The Consumer Financial Protection Bureau is leaning toward reworking its open banking rule, which allows customers to share their deposit account and credit card information with fintechs, such as online investment company Betterment or PayPal Holdings Inc.’s Venmo service, the sources told Bloomberg Law.
It’s unclear whether the administration will look to add to the existing rule or eliminate it altogether, but supporters of the regulation are worried about any further delays to its implementation.
So what?
The precipitating event here is the lawsuit from the Bank Policy Institute (BPI), which was filed about 5 minutes after the CFPB finalized the open banking rule in October. The CFPB, under Acting Director Russell Vought, asked the court for a stay so that the bureau could review the rule and negotiate with the big banks.
There are two possibilities for what happens next.
The CFPB could choose to revise the existing rule in accordance with the Administrative Procedure Act (APA). This would give everyone the opportunity to weigh in on the portions of the rule that they are unhappy with. Banks would likely focus their lobbying on being allowed to charge for the data and getting clear rules on liability and more control over risk management. Fintech companies and data aggregators would push for looser restrictions on secondary data use and the inclusion of more account types as covered data under the rule. The biggest fight would likely be over the inclusion of payment initiation within the scope of the rule, which JPMorgan Chase hates and Plaid and Stripe really like.
When the CFPB and the banks asked the court for a stay in the BPI lawsuit, I figured this was the path we would be headed down. And it still might be.
But there’s a second, much more concerning path that is also on the table. The CFPB could choose to rescind the rule entirely and then start the rulemaking process over from scratch.
According to the sources I’ve spoken with, rescission is a distinct possibility. The CFPB is currently operating at a significantly reduced capacity (thanks to the efforts of Acting Director Vought), and given the pressure from a few big banks, there’s a feeling that it might be easier to just scrap the rule entirely, rather than attempting to rework it.
If the CFPB were to go down this path, it would essentially be resetting the open banking timeline back 5-7 years (to when the CFPB first started working on the open banking rule).
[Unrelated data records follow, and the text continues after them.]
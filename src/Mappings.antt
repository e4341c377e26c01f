-- ===== src/Mappings.antt =====
-- pages/Mappings.tsx: the confirmed identities, and the panel that confirms one.
pub mod Laws
mod Tests
use adms_server.Common.{
  ℕ, String, Bool, true, false, not, ◌&&◌, ◌||◌, Option, none, some, List, [], ◌∷◌, ◌==◌,
  if◌then◌else◌, is_some, truthy, filter, find,
}
use adms_server.Common.Text.{trim, includes}
use adms_server.Api.Json.{Json, is_text}
use adms_server.Api.Request.{JsError, client_error, unauthorized, other, Result, ok, thrown}
use adms_server.I18n.Translations.{Translations}
use adms_server.I18n.ApiErrors.{friendly_api_error}
use adms_server.Handlers.{Ran, only}
use adms_server.Enrollments.Forms.{Verification}

pub record Mapping : Type 0 where
  pub map_id : ℕ
  pub is_current : Bool

-- `currentItems` and `historyItems`
abbrev current_items : List Mapping → List Mapping
current_items ms = filter (λ m. m.is_current) ms

abbrev pub history_items : List Mapping → List Mapping
history_items ms = filter (λ m. not m.is_current) ms

-- The members of `MappingEligibilityItem` that the panel's handlers read.
pub record EligibleItem : Type 0 where
  pub enrollment_id : ℕ
  pub device_user_pk : Option ℕ
  pub controlled_attendance_id : Option ℕ

-- `CreateMappingPanel`; `items` is `elig.data?.items`.
pub record MappingPanel : Type 0 where
  pub items : List EligibleItem
  pub selected_id : Option ℕ
  pub verified_by : String
  pub note : String
  pub busy : Bool
  pub error : Option String
  pub confirm_open : Bool

abbrev is_id : Option ℕ → ℕ → Bool
is_id none n = false
is_id (some m) n = n == m

-- `item`
abbrev pub item_of : MappingPanel → Option EligibleItem
item_of s = find (λ e. is_id s.selected_id e.enrollment_id) s.items

-- Whether the two links to the evidence are there.
abbrev pub has_evidence : EligibleItem → Bool
has_evidence e = is_some e.device_user_pk && is_some e.controlled_attendance_id

abbrev with_error : String → MappingPanel → MappingPanel
with_error m s = record s { error = some m }

-- `requestSubmit`
unfoldable pub request_submit : Translations → MappingPanel → MappingPanel
request_submit t s = elim (item_of s) [
  | none ↦ with_error t.mappings.select_and_fill_required s
  | some e ↦
      if not (truthy (trim s.verified_by)) || not (truthy (trim s.note))
      then with_error t.mappings.select_and_fill_required s
      else if not (has_evidence e)
      then with_error t.mappings.evidence_incomplete_body s
      else record s { error = none; confirm_open = true }
]

-- What is said of a refusal; `lower` is the platform's `toLowerCase`.
unfoldable pub mapping_error : (String → String) → Translations → JsError → String
mapping_error lower t (client_error status code message) =
    if is_text code "WRITE_DISABLED" || is_text code "WRITE_SESSION_REQUIRED"
    then t.enrollment.write_session_locked_body
    else if is_text code "WRITE_SESSION_EXPIRED"
    then t.enrollment.write_session_expired_mid_workflow
    else if is_text code "VALIDATION_ERROR"
    then t.mappings.evidence_incomplete_body
    else if is_text code "MAPPING_CONFLICT"
    then (if includes (lower message) "already" || includes (lower message) "verified"
        then t.mappings.already_mapped_body
        else t.mappings.mapping_conflict_body)
    else friendly_api_error (client_error status code message) t
mapping_error lower t unauthorized = friendly_api_error unauthorized t
mapping_error lower t (other message) = friendly_api_error (other message) t

abbrev pub verification_of : MappingPanel → EligibleItem → Verification
verification_of s e = record {
  enrollment_id = e.enrollment_id;
  verified_by = trim s.verified_by;
  verification_note = trim s.note;
}

abbrev mapped :
    (String → String)
    → Translations
    → Verification
    → MappingPanel
    → Result Json
    → Ran MappingPanel Verification
mapped lower t call s (ok r) = record {
  state = record s {
    selected_id = none;
    note = "";
    confirm_open = false;
    busy = false;
    error = none;
  };
  calls = call ∷ [];
  reloads = 1;
  told = 1;
}
mapped lower t call s (thrown e) = record {
  state = record s { confirm_open = false; busy = false; error = some (mapping_error lower t e) };
  calls = call ∷ [];
  reloads = 0;
  told = 0;
}

-- `confirmSubmit`, up to the end of its promise.
unfoldable pub confirm_submit :
    (String → String)
    → Translations
    → (Verification → Result Json)
    → MappingPanel
    → Ran MappingPanel Verification
confirm_submit lower t serve s = elim (item_of s) [
  | none ↦ only s
  | some e ↦
      if not (has_evidence e)
      then only s
      else mapped lower t (verification_of s e) s (serve (verification_of s e))
]

pub data MappingEvent : Type 0 where
  select : Option ℕ → MappingEvent
  set_verified_by set_note : String → MappingEvent
  request confirm cancel : MappingEvent
  -- the list of eligible enrollments is loaded
  load : List EligibleItem → MappingEvent

unfoldable pub mapping_step :
    (String → String)
    → Translations
    → (Verification → Result Json)
    → MappingPanel
    → MappingEvent
    → Ran MappingPanel Verification
unfolding request_submit confirm_submit
mapping_step lower t serve s (select id) = only (record s { selected_id = id; error = none })
mapping_step lower t serve s (set_verified_by v) = only (record s { verified_by = v })
mapping_step lower t serve s (set_note v) = only (record s { note = v })
mapping_step lower t serve s request = only (request_submit t s)
mapping_step lower t serve s confirm = confirm_submit lower t serve s
mapping_step lower t serve s cancel = only (record s { confirm_open = false })
mapping_step lower t serve s (load items) = only (record s { items = items })
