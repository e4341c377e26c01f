-- ===== src/Mappings/Laws.antt =====
-- What is sent to confirm an identity.
use adms_server.Common.{
  String, Bool, ◌||◌, ◌⊎◌, map, false, ◌≡◌, refl, inl, inr, true, false, some, List, [], ◌∷◌, arith,
  Bool-cases, Option-cases, truthy, All,
}
use adms_server.Common.Text.{trim}
use adms_server.Api.Json.{Json}
use adms_server.Api.Request.{Result}
use adms_server.I18n.Translations.{Translations}
use adms_server.Enrollments.Forms.{Verification}
use adms_server.Mappings.{
  EligibleItem, MappingPanel, item_of, has_evidence, MappingEvent, select, set_verified_by,
  set_note, request, confirm, cancel, load, request_submit, confirm_submit, mapping_step,
  verification_of,
}

-- Whether the verifier or the note was typed while the dialog was open, by now: the dialog covers the
-- form, but does not disable it.
abbrev typed_behind : Bool → MappingPanel → MappingEvent → Bool
typed_behind was s (set_verified_by v) = was || s.confirm_open
typed_behind was s (set_note v) = was || s.confirm_open
typed_behind was s _ = was

-- The dialog is open only over texts that are filled in, unless they were changed behind it.
abbrev FilledIn : Bool → MappingPanel → Type 0
FilledIn behind s =
    s.confirm_open ≡ true
    → (behind ≡ true) ⊎ ((truthy (trim s.verified_by) ≡ true) × (truthy (trim s.note) ≡ true))

-- A call for an enrollment of the list whose evidence is there, with both texts as they are then, which
-- are not blank unless they were changed behind the dialog.
abbrev Evident : Bool → MappingPanel → Verification → Type 0
Evident behind s call =
    (e : EligibleItem) × (item_of s ≡ some e)
    × (has_evidence e ≡ true)
    × (call.enrollment_id ≡ e.enrollment_id)
    × (call.verified_by ≡ trim s.verified_by)
    × (call.verification_note ≡ trim s.note)
    × ((s.confirm_open ≡ false)
        ⊎ (behind ≡ true)
        ⊎ ((truthy call.verified_by ≡ true) × (truthy call.verification_note ≡ true)))

module _ (lower : String → String) (t : Translations) (serve : Verification → Result Json) where
  step-FilledIn :
      (behind : Bool) (s : MappingPanel) (e : MappingEvent)
      → FilledIn behind s
      → FilledIn (typed_behind behind s e) (mapping_step lower t serve s e).state
  unfolding mapping_step request_submit confirm_submit
  step-FilledIn behind s (select id) h = h
  step-FilledIn behind s (set_verified_by v) h = ground arith
  step-FilledIn behind s (set_note v) h = ground arith
  step-FilledIn behind s request h = ground arith
  step-FilledIn behind s confirm h = ground arith
  step-FilledIn behind s cancel h = ground arith
  step-FilledIn behind s (load items) h = h

  step-Evident :
      (behind : Bool) (s : MappingPanel) (e : MappingEvent)
      → FilledIn behind s
      → All (Evident behind s) (mapping_step lower t serve s e).calls
  unfolding mapping_step confirm_submit
  step-Evident behind s (select id) h = tt
  step-Evident behind s (set_verified_by v) h = tt
  step-Evident behind s (set_note v) h = tt
  step-Evident behind s request h = tt
  step-Evident behind s confirm h = elim (Option-cases (item_of s)) [
    | inl none' ↦ ground arith
    | inr (e, found) ↦ elim (Bool-cases (has_evidence e)) [
      | inr lacking ↦ ground arith
      | inl there ↦
          let complete : Evident behind s (verification_of s e) =
            (e, found, there, refl, refl, refl, ground arith) in
          ground arith
    ]
  ]
  step-Evident behind s cancel h = tt
  step-Evident behind s (load items) h = tt

  -- Every call that some events make is for evidence that the panel has when it is made.
  abbrev pub AllEvident : Bool → MappingPanel → List MappingEvent → Type 0
  AllEvident behind s [] = Unit
  AllEvident behind s (e ∷ es) =
      All (Evident behind s) (mapping_step lower t serve s e).calls
      × AllEvident (typed_behind behind s e) (mapping_step lower t serve s e).state es

  -- From a panel whose dialog is closed, whatever is chosen, typed, confirmed and loaded, an identity is
  -- sent for confirmation only for an enrollment that the list holds at that time with both links to its
  -- evidence, and with the verifier and the note that the form then shows; with the dialog open these
  -- are not blank, unless one of the two was typed while the dialog was open.
  pub mapping_run-AllEvident :
      (s : MappingPanel) (es : List MappingEvent) → s.confirm_open ≡ false → AllEvident false s es
  mapping_run-AllEvident s es closed = from false s es (λ h. cc)
    where
      from :
          (behind : Bool) (p : MappingPanel) (ds : List MappingEvent)
          → FilledIn behind p
          → AllEvident behind p ds
      from behind p [] h = tt
      from behind p (d ∷ ds) h = (
        step-Evident behind p d h,
        from (typed_behind behind p d) (mapping_step lower t serve p d).state ds
            (step-FilledIn behind p d h),
      )

  -- A note that is emptied behind the open dialog is sent blank.
  blank_note_sent :
      (s : MappingPanel) (e : EligibleItem)
      → s.confirm_open ≡ true
      → item_of s ≡ some e
      → has_evidence e ≡ true
      → let typed = (mapping_step lower t serve s (set_note "")).state in
        map (λ c. c.verification_note) (mapping_step lower t serve typed confirm).calls ≡ "" ∷ []
  unfolding mapping_step confirm_submit trim
  blank_note_sent s e shown found there = ground arith

  -- A confirmation that was sent closes the dialog and leaves the panel free, whatever the answer.
  confirm_submit_lem :
      (s : MappingPanel) (call : Verification)
      → (confirm_submit lower t serve s).calls ≡ call ∷ []
      → ((confirm_submit lower t serve s).state.confirm_open ≡ false)
        × ((confirm_submit lower t serve s).state.busy ≡ false)
  unfolding confirm_submit
  confirm_submit_lem s call sent = ground arith
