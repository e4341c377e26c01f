-- ===== src/Mappings/Tests.antt =====
-- The panel with one enrollment that is ready.
use adms_server.Common.{String, refl, false, none, some, List, [], ◌∷◌}
use adms_server.Api.Json.{Json, null}
use adms_server.Api.Request.{Result, ok}
use adms_server.Enrollments.Forms.{Verification}
use adms_server.I18n.English.{en}
use adms_server.Mappings.{
  EligibleItem, MappingPanel, MappingEvent, select, set_note, request, confirm,
}
use adms_server.Mappings.Laws.{AllEvident, mapping_run-AllEvident}

abbrev ready : EligibleItem
ready = record { enrollment_id = 4; device_user_pk = some 9; controlled_attendance_id = some 2 }

abbrev panel : MappingPanel
panel = record {
  items = ready ∷ [];
  selected_id = none;
  verified_by = "ann";
  note = "";
  busy = false;
  error = none;
  confirm_open = false;
}

abbrev accept : Verification → Result Json
accept v = ok null

abbrev lower : String → String
lower s = s

abbrev steps : List MappingEvent
steps = select (some 4) ∷ set_note " checked " ∷ request ∷ confirm ∷ []

mapping_run-AllEvident_example : AllEvident lower en accept false panel steps
mapping_run-AllEvident_example = mapping_run-AllEvident lower en accept panel steps refl
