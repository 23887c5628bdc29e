-- ===== src/Client/Link.antt =====
-- What CacheConn asks of hiredis and of the clock, as a program over their answers. Neither is modelled:
-- `Hiredis` is any function that answers.
use filehub_cloud.Base.{
  ℕ, ◌^◌, ◌<◌, Option, none, some, List, ◌∷◌, Text, ℤ, pos, negsuc, decimal, suc,
}

-- `redisReply` of an element of an array, by its type; `other` has no text.
pub data Element : Type 0 where
  string status : Text → Element
  other : Element

-- `redisReply`, by its type.
pub data Reply : Type 0 where
  string status error : Text → Reply
  integer : ℤ → Reply
  array : List Element → Reply
  nil : Reply

-- What redisConnectWithTimeout gives: NULL, a context with its `err` set, or one without.
pub data Connected : Type 0 where
  null broken connected : Connected

pub data Link (A : Type 0) : Type 0 where
  done : A → Link A
  -- a NULL pointer is read
  crash : Link A
  -- time(NULL)
  time : (ℕ → Link A) → Link A
  -- redisConnectWithTimeout, with the address and the port
  connect : Text → ℕ → (Connected → Link A) → Link A
  -- redisCommand and redisCommandArgv, with the words that they send; none for NULL
  command : List Text → (Option Reply → Link A) → Link A
  -- redisCommand with one text, which hiredis takes as a format and cuts into words
  format : Text → (Option Reply → Link A) → Link A
  -- redisFree
  free : Link A → Link A

infixl 5 ◌>>=◌
unfoldable pub ◌>>=◌ : {A B : Type 0} → Link A → (A → Link B) → Link B
done a >>= f = f a
crash >>= f = crash
time k >>= f = time (λ t. k t >>= f)
connect ip port k >>= f = connect ip port (λ o. k o >>= f)
command words k >>= f = command words (λ r. k r >>= f)
format s k >>= f = format s (λ r. k r >>= f)
free p >>= f = free (p >>= f)

-- `%ld` of a signed number.
unfoldable pub signed : ℤ → Text
signed (pos n) = decimal n
signed (negsuc n) = 45 ∷ decimal (suc n)

-- What happened on a connection.
pub data Event : Type 0 where
  told : ℕ → Event
  attempted : Connected → Event
  sent : List Text → Event
  sent_format : Text → Event
  freed : Event

-- hiredis, the server behind it and the clock.
pub record Hiredis : Type 1 where
  pub World : Type 0
  pub on_time : World → ℕ × World
  pub on_connect : Text → ℕ → World → Connected × World
  pub on_command : List Text → World → Option Reply × World
  pub on_format : Text → World → Option Reply × World
  pub on_free : World → World

-- time(NULL) is a nonnegative `time_t`.
abbrev pub InRange : Hiredis → Type 0
InRange S = (w : S.World) → (S.on_time w).0 < 2 ^ 63

-- A run from a state and the events so far, the last one first. It ends with a result, `none` for
-- a crash, the state and all events.
unfoldable pub run :
    (S : Hiredis) {A : Type 0} → Link A → S.World → List Event → Option A × S.World × List Event
run S (done a) w es = (some a, w, es)
run S crash w es = (none, w, es)
run S (time k) w es = let (t, w') = S.on_time w in run S (k t) w' (told t ∷ es)
run S (connect ip port k) w es =
    let (o, w') = S.on_connect ip port w in run S (k o) w' (attempted o ∷ es)
run S (command words k) w es =
    let (r, w') = S.on_command words w in run S (k r) w' (sent words ∷ es)
run S (format s k) w es = let (r, w') = S.on_format s w in run S (k r) w' (sent_format s ∷ es)
run S (free p) w es = run S p (S.on_free w) (freed ∷ es)

-- `Q` holds at the end, whatever is answered.
abbrev pub Always : {A : Type 0} → Link A → (Option A → List Event → Type 0) → List Event → Type 0
Always (done a) Q es = Q (some a) es
Always crash Q es = Q none es
Always (time k) Q es = (t : ℕ) → t < 2 ^ 63 → Always (k t) Q (told t ∷ es)
Always (connect ip port k) Q es = (o : Connected) → Always (k o) Q (attempted o ∷ es)
Always (command words k) Q es = (r : Option Reply) → Always (k r) Q (sent words ∷ es)
Always (format s k) Q es = (r : Option Reply) → Always (k r) Q (sent_format s ∷ es)
Always (free p) Q es = Always p Q (freed ∷ es)

-- What holds at the end, whatever is answered, holds at the end of each run.
pub Always-run :
    (S : Hiredis)
    → InRange S
    → {A : Type 0} (p : Link A) (Q : Option A → List Event → Type 0) (w : S.World) (es : List Event)
    → Always p Q es
    → Q (run S p w es).0 (run S p w es).2
unfolding run
Always-run S range (done a) Q w es h = h
Always-run S range crash Q w es h = h
Always-run S range (time k) Q w es h = Always-run S range (k _) Q _ _ (h _ (range w))
Always-run S range (connect ip port k) Q w es h = Always-run S range (k _) Q _ _ (h _)
Always-run S range (command words k) Q w es h = Always-run S range (k _) Q _ _ (h _)
Always-run S range (format s k) Q w es h = Always-run S range (k _) Q _ _ (h _)
Always-run S range (free p) Q w es h = Always-run S range p Q _ _ h

-- Sequencing, with what the first program ends with.
pub Always->>= :
    {A B : Type 0} (p : Link A) (f : A → Link B) (P : Option A → List Event → Type 0)
    (Q : Option B → List Event → Type 0) (es : List Event)
    → Always p P es
    → ((es' : List Event) → P none es' → Q none es')
    → ((a : A) (es' : List Event) → P (some a) es' → Always (f a) Q es')
    → Always (p >>= f) Q es
unfolding ◌>>=◌
Always->>= (done a) f P Q es h last next = next a es h
Always->>= crash f P Q es h last next = last es h
Always->>= (time k) f P Q es h last next = λ t small. Always->>= (k t) f P Q _ (h t small) last next
Always->>= (connect ip port k) f P Q es h last next = λ o. Always->>= (k o) f P Q _ (h o) last next
Always->>= (command words k) f P Q es h last next = λ r. Always->>= (k r) f P Q _ (h r) last next
Always->>= (format s k) f P Q es h last next = λ r. Always->>= (k r) f P Q _ (h r) last next
Always->>= (free p) f P Q es h last next = Always->>= p f P Q _ h last next

-- Consequence.
pub Always-mono :
    {A : Type 0} (p : Link A) (P Q : Option A → List Event → Type 0)
    → ((o : Option A) (es : List Event) → P o es → Q o es)
    → (es : List Event) → Always p P es
    → Always p Q es
Always-mono (done a) P Q h es w = h _ _ w
Always-mono crash P Q h es w = h _ _ w
Always-mono (time k) P Q h es w = λ t small. Always-mono (k t) P Q h _ (w t small)
Always-mono (connect ip port k) P Q h es w = λ o. Always-mono (k o) P Q h _ (w o)
Always-mono (command words k) P Q h es w = λ r. Always-mono (k r) P Q h _ (w r)
Always-mono (format s k) P Q h es w = λ r. Always-mono (k r) P Q h _ (w r)
Always-mono (free p) P Q h es w = Always-mono p P Q h _ w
This would potentially embolden banks to be more aggressive in blocking access for data aggregators (a tactic that was much more common back then) and create a more fractured and unreliable experience for consumers.
And there’s no guarantee that a new rule would be finalized in the same 5-7 year timeframe it took the CFPB the first time around. While much of the groundwork has already been laid (which is helpful), the CFPB is currently operating with a fraction of the number of employees it had been operating with under President Biden. Even if Acting Director Vought’s RIF is undone by the courts, there is still a 70% cut in the bureau’s operating budget that is working its way through Congress. With that reduction in capacity, who knows when a new open banking rule would be finalized, if ever.
Finally, it’s worth noting that if the CFPB decides to rescind the rule, it will need to come up with the legal grounds to do so. Fortunately (or unfortunately, depending on how you look at it), the BPI has already laid out the legal argument that the Biden-era CFPB overstepped its authority in creating the rule. Part of that argument, if you can believe it, is that the Dodd-Frank Act was meant to give consumers the right to access their own data, not third parties acting on consumers’ behalf. Here’s the relevant section of the BPI lawsuit:
First and most fundamentally, the Bureau exceeded its statutory authority by requiring banks to broadly provide their customers’ financial information to purportedly “authorized” third parties like fintech companies and data aggregators. The Bureau issued the Rule pursuant to Section 1033 of the Dodd-Frank Act, which requires banks to “make available to a consumer, upon request, information in the control or possession of the [bank] concerning the consumer financial product or service that the consumer obtained” from the bank. 12 U.S.C. § 5533(a) (emphases added). … And although the Act generally defines “consumer” to include “an agent, trustee, or representative acting on behalf of an individual,” 12 U.S.C. § 5481(4), the Rule requires data providers to share consumer information with thousands of commercial entities that plainly do not qualify as agents, trustees, or representatives of those consumers. In short, nothing in Section 1033 authorizes the Bureau to dictate terms on which banks must furnish consumers’ data to innumerable, as-yet-unidentified third parties—with unknown credentials or security protocols—that are far less regulated than banks, pose potentially novel risks, and have no special relationship with the consumer who requests the data.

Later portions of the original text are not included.